WHAT TO PRODUCE
Going down the data below, set down exactly the line with "then approval_required" and each line after it through the line with "decision = decision;"; no other lines.

RECORDS FOR THE EXERCISE
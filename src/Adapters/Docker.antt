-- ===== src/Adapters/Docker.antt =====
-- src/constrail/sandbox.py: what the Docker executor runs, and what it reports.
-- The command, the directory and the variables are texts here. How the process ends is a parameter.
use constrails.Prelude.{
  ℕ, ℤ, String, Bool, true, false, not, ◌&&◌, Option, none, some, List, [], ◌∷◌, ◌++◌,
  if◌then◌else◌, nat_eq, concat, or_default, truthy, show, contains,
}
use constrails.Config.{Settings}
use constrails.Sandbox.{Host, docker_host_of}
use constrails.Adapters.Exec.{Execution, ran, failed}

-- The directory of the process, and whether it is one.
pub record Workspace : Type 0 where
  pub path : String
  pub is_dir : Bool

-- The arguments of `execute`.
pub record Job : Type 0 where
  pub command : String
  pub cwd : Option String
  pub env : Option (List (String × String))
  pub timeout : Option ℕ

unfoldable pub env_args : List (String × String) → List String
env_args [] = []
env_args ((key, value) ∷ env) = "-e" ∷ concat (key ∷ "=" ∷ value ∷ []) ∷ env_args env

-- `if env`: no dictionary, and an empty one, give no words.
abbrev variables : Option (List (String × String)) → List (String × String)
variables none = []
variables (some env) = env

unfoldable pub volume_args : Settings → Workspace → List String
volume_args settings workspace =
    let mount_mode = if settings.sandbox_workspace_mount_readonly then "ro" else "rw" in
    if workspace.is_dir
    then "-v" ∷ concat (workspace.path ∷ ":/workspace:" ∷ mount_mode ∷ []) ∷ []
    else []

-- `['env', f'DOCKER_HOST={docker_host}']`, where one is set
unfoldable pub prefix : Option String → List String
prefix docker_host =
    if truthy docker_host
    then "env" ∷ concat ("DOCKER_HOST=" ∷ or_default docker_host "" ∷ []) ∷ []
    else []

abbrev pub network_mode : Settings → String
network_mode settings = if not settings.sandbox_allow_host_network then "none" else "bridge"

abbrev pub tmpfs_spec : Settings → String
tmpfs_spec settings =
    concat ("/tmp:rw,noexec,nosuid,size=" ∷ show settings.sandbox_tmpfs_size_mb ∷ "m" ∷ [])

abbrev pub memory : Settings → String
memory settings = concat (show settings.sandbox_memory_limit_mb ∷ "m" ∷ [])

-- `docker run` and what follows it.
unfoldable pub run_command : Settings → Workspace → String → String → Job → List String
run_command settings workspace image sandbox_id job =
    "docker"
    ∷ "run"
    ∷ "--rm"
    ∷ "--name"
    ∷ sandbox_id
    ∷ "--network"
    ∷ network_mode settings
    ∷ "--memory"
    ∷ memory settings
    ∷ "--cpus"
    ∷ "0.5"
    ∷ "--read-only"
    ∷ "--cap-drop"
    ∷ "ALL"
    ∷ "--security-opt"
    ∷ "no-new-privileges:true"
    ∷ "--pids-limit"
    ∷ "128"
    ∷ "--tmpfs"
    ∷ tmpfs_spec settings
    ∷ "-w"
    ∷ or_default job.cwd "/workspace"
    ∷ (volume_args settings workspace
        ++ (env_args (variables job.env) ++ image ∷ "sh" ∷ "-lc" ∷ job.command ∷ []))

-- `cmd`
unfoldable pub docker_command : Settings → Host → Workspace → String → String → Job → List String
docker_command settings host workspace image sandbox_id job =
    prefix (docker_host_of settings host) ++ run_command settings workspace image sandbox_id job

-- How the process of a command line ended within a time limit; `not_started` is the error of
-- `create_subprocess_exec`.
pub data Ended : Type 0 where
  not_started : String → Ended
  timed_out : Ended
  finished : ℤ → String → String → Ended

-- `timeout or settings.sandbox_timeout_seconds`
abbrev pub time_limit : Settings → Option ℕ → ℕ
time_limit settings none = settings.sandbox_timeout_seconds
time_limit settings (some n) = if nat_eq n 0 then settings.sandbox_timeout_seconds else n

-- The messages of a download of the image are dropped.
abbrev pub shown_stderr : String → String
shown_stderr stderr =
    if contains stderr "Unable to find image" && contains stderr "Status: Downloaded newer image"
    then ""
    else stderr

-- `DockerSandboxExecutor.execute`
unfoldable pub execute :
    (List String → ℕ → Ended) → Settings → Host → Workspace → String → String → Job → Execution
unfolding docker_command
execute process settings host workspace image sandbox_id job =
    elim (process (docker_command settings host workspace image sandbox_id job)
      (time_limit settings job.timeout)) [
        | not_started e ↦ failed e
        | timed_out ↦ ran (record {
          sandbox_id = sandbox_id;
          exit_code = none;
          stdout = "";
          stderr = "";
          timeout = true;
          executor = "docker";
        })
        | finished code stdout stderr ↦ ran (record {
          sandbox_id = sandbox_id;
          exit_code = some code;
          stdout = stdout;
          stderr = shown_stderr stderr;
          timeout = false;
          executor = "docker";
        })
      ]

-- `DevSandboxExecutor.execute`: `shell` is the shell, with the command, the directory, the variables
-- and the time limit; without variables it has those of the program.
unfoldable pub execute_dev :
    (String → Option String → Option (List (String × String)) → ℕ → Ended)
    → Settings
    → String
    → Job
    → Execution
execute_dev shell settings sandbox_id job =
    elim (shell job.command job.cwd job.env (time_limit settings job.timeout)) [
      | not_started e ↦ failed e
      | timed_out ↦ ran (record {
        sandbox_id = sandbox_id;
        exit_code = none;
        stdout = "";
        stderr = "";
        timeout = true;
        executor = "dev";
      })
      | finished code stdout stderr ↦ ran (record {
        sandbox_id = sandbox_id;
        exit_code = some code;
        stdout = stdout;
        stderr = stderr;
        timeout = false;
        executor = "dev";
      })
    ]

* * *

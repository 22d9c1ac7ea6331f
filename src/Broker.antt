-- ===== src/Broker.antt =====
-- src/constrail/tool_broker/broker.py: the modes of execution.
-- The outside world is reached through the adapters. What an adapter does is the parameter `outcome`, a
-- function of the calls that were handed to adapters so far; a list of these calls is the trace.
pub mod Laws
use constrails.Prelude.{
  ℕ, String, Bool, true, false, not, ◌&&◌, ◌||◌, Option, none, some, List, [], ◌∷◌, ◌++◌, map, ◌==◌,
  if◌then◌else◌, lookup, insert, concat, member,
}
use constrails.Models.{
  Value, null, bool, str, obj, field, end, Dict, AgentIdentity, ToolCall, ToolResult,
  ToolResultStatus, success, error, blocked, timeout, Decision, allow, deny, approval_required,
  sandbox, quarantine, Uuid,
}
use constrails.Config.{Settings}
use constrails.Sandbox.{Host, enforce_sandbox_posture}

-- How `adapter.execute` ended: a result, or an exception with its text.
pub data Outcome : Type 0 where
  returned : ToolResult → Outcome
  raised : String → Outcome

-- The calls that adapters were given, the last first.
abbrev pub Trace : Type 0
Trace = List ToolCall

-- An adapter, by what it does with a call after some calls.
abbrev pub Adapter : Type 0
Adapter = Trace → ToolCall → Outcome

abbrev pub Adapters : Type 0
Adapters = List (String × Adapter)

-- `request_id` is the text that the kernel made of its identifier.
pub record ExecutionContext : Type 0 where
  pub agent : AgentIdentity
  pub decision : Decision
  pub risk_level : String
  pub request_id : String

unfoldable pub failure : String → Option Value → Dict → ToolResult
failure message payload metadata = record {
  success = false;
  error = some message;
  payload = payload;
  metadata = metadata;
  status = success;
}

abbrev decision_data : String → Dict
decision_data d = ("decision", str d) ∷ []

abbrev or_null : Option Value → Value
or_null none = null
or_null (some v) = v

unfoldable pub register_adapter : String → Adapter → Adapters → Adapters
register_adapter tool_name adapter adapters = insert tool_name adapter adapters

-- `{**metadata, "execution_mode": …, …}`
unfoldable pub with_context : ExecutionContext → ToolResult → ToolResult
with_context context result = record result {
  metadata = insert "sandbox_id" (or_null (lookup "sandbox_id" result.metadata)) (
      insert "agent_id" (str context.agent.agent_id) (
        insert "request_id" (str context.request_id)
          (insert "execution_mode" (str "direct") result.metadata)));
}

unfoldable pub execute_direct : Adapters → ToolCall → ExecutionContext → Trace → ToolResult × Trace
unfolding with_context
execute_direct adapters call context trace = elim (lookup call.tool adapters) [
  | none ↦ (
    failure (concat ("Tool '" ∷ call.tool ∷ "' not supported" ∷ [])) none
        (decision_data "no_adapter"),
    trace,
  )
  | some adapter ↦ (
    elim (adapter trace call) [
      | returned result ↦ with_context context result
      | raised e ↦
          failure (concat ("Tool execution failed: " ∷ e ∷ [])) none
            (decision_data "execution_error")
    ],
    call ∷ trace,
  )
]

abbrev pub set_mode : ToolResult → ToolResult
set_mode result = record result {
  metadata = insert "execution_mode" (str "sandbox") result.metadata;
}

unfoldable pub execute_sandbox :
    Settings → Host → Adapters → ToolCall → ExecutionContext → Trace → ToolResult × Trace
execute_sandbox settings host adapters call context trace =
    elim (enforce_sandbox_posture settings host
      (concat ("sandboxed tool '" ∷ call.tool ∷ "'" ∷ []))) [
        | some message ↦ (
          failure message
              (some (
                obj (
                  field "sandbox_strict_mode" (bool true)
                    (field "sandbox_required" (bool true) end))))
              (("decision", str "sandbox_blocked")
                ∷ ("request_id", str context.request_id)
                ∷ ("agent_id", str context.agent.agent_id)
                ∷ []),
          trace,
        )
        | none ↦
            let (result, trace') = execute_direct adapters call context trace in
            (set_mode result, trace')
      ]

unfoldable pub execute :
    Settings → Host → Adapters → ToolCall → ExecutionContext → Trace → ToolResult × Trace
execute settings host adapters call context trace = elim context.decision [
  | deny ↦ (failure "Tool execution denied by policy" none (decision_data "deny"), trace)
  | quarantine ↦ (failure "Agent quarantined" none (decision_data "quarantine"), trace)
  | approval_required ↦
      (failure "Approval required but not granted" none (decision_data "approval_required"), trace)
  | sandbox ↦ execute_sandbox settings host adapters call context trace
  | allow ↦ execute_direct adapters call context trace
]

---

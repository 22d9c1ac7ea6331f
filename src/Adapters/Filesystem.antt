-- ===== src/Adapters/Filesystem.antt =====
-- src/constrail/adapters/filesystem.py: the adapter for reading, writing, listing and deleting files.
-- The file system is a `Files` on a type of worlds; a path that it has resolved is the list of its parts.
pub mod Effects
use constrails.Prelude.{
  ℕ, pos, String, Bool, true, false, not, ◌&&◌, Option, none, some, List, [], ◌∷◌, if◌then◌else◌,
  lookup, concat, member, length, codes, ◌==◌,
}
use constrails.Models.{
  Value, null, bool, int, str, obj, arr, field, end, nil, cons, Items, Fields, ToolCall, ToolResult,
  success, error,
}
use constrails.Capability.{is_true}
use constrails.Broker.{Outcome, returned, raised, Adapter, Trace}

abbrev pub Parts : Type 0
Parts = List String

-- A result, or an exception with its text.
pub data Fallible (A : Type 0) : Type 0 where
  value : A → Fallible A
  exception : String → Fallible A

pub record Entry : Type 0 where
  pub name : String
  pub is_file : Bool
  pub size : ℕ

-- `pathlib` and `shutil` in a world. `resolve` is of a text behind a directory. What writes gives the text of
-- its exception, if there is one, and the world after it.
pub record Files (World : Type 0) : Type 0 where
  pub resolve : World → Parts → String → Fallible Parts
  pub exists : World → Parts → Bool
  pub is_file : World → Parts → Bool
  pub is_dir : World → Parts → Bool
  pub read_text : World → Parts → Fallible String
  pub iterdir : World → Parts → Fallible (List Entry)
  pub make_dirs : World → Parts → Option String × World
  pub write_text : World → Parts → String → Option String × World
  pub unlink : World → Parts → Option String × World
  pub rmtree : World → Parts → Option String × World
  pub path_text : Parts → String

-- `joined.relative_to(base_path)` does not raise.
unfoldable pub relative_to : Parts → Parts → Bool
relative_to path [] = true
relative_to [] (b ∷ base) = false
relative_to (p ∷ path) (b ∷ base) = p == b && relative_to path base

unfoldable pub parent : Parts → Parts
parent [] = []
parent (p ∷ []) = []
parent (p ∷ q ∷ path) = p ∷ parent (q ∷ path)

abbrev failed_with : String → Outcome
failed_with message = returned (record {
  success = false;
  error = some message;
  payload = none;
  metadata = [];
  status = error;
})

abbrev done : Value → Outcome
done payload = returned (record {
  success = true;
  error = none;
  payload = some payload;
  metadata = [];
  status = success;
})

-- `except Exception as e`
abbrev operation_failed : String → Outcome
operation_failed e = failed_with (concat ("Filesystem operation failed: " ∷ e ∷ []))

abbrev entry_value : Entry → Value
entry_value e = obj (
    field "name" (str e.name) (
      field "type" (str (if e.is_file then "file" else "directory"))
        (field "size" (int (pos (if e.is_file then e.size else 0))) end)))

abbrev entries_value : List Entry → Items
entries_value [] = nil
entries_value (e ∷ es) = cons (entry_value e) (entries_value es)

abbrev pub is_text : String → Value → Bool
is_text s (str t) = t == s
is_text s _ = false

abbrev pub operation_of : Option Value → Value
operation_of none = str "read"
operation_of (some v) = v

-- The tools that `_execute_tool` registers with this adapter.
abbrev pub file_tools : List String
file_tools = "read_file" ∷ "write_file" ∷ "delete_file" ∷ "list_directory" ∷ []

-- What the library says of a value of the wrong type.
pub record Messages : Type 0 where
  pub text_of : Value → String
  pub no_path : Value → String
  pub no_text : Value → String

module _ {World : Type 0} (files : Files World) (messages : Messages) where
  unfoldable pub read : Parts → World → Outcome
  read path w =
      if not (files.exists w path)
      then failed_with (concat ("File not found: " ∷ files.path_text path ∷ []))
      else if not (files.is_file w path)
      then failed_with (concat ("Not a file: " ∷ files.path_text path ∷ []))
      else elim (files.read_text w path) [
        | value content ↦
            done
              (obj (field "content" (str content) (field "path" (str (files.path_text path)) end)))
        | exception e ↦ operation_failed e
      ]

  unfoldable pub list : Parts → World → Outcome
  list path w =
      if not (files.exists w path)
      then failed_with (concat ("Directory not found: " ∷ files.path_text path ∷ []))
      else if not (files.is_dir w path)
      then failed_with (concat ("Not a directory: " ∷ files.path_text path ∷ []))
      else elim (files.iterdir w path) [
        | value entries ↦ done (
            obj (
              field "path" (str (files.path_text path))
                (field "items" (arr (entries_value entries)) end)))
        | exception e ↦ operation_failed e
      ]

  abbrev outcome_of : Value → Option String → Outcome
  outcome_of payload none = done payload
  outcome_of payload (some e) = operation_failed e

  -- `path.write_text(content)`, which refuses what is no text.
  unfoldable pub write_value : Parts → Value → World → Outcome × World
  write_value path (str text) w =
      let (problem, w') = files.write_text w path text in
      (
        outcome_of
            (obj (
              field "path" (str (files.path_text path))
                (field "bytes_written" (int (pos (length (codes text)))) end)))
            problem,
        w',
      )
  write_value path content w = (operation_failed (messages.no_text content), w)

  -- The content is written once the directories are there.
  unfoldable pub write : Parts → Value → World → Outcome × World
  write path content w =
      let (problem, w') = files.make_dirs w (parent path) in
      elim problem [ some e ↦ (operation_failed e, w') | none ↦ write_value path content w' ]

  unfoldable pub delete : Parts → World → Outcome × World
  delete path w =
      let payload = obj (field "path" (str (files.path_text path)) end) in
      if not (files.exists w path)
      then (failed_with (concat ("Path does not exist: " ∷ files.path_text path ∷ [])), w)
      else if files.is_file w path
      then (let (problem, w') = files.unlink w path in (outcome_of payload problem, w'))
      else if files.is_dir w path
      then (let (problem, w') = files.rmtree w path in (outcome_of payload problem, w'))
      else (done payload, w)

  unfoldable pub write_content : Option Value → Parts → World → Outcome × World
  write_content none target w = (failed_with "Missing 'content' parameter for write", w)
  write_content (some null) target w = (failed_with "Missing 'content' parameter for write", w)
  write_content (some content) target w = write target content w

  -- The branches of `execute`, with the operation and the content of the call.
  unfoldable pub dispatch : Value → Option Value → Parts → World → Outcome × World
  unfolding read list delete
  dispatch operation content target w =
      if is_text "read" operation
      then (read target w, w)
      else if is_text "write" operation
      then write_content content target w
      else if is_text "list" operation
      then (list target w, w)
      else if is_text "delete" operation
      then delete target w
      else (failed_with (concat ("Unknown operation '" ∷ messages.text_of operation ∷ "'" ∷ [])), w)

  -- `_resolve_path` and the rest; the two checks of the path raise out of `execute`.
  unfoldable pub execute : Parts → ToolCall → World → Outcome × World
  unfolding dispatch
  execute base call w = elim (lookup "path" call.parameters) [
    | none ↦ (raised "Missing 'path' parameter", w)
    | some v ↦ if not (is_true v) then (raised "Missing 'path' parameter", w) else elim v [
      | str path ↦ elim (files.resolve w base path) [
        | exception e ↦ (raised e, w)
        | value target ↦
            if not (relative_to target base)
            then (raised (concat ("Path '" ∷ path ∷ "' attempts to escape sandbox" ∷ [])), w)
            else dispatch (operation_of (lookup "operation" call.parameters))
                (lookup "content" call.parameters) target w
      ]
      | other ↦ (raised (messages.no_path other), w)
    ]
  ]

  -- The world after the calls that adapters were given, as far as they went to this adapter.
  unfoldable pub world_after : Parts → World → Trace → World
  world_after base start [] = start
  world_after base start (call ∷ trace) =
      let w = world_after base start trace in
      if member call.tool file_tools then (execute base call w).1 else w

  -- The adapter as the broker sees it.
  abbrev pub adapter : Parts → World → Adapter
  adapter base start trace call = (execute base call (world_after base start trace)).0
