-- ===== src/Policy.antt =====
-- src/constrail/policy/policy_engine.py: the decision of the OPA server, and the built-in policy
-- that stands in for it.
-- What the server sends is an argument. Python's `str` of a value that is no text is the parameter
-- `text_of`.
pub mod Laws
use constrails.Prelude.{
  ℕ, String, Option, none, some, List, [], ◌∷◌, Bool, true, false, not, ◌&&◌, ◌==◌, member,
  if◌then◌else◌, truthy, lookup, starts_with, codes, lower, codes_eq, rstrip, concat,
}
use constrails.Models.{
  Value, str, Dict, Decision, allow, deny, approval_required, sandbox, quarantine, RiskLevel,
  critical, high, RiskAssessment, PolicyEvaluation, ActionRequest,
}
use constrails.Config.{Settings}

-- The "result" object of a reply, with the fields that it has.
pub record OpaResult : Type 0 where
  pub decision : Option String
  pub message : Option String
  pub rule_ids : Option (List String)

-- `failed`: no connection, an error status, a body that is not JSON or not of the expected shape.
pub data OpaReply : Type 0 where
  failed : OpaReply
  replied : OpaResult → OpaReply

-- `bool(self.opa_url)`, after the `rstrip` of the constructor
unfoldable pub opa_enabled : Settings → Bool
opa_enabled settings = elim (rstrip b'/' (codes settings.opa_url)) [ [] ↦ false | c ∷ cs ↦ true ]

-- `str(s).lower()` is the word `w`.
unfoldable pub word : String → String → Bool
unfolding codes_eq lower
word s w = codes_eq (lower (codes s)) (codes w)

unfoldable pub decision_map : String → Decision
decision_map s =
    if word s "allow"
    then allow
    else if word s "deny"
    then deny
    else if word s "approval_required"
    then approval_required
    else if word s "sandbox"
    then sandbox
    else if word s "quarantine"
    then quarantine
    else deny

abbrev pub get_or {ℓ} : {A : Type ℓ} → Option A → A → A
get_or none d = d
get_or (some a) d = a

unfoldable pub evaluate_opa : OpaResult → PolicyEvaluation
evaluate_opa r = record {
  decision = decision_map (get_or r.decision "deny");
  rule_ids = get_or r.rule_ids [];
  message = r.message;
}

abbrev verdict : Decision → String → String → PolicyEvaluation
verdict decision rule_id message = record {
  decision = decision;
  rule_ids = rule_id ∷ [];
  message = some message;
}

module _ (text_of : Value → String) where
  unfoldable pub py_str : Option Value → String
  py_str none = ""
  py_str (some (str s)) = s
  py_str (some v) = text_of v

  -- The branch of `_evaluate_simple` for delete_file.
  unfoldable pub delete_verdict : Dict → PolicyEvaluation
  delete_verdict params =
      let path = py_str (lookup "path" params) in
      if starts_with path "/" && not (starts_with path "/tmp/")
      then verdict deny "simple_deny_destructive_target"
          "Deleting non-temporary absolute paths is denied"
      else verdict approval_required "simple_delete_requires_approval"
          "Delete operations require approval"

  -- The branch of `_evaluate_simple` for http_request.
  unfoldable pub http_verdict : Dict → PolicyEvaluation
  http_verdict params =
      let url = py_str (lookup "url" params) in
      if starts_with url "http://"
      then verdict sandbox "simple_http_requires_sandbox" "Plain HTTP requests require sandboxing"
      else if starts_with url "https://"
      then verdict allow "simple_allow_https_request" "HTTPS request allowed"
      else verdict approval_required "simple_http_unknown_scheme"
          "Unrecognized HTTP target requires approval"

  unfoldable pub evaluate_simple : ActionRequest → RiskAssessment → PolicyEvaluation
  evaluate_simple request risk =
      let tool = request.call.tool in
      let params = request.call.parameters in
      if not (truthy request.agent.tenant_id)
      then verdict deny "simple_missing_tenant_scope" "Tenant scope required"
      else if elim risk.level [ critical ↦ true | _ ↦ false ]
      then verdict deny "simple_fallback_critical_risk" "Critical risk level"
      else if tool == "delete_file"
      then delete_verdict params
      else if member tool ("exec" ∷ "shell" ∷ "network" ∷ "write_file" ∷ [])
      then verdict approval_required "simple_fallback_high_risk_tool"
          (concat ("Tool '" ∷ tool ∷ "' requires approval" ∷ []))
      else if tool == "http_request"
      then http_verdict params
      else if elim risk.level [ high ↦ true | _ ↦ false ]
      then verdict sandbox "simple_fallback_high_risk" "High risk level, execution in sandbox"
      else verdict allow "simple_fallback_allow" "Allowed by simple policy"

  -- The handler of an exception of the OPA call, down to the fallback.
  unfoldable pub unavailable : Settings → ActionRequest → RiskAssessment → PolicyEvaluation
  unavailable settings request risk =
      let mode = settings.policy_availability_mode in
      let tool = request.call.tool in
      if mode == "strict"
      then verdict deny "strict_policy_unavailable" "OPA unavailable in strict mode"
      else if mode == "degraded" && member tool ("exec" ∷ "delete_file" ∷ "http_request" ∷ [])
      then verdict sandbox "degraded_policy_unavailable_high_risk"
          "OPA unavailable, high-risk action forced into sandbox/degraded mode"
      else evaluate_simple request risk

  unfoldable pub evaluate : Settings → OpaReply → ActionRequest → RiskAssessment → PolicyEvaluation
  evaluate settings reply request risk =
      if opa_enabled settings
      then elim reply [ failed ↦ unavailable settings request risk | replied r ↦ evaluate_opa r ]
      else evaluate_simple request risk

ANSWER TO THE EXERCISE
    then approval_required
    else if word s "sandbox"
    then sandbox
    else if word s "quarantine"
    then quarantine
    else deny

abbrev pub get_or {ℓ} : {A : Type ℓ} → Option A → A → A
get_or none d = d
get_or (some a) d = a

unfoldable pub evaluate_opa : OpaResult → PolicyEvaluation
evaluate_opa r = record {
  decision = decision_map (get_or r.decision "deny");
  rule_ids = get_or r.rule_ids [];
  message = r.message;
}

abbrev verdict : Decision → String → String → PolicyEvaluation
verdict decision rule_id message = record {
  decision = decision;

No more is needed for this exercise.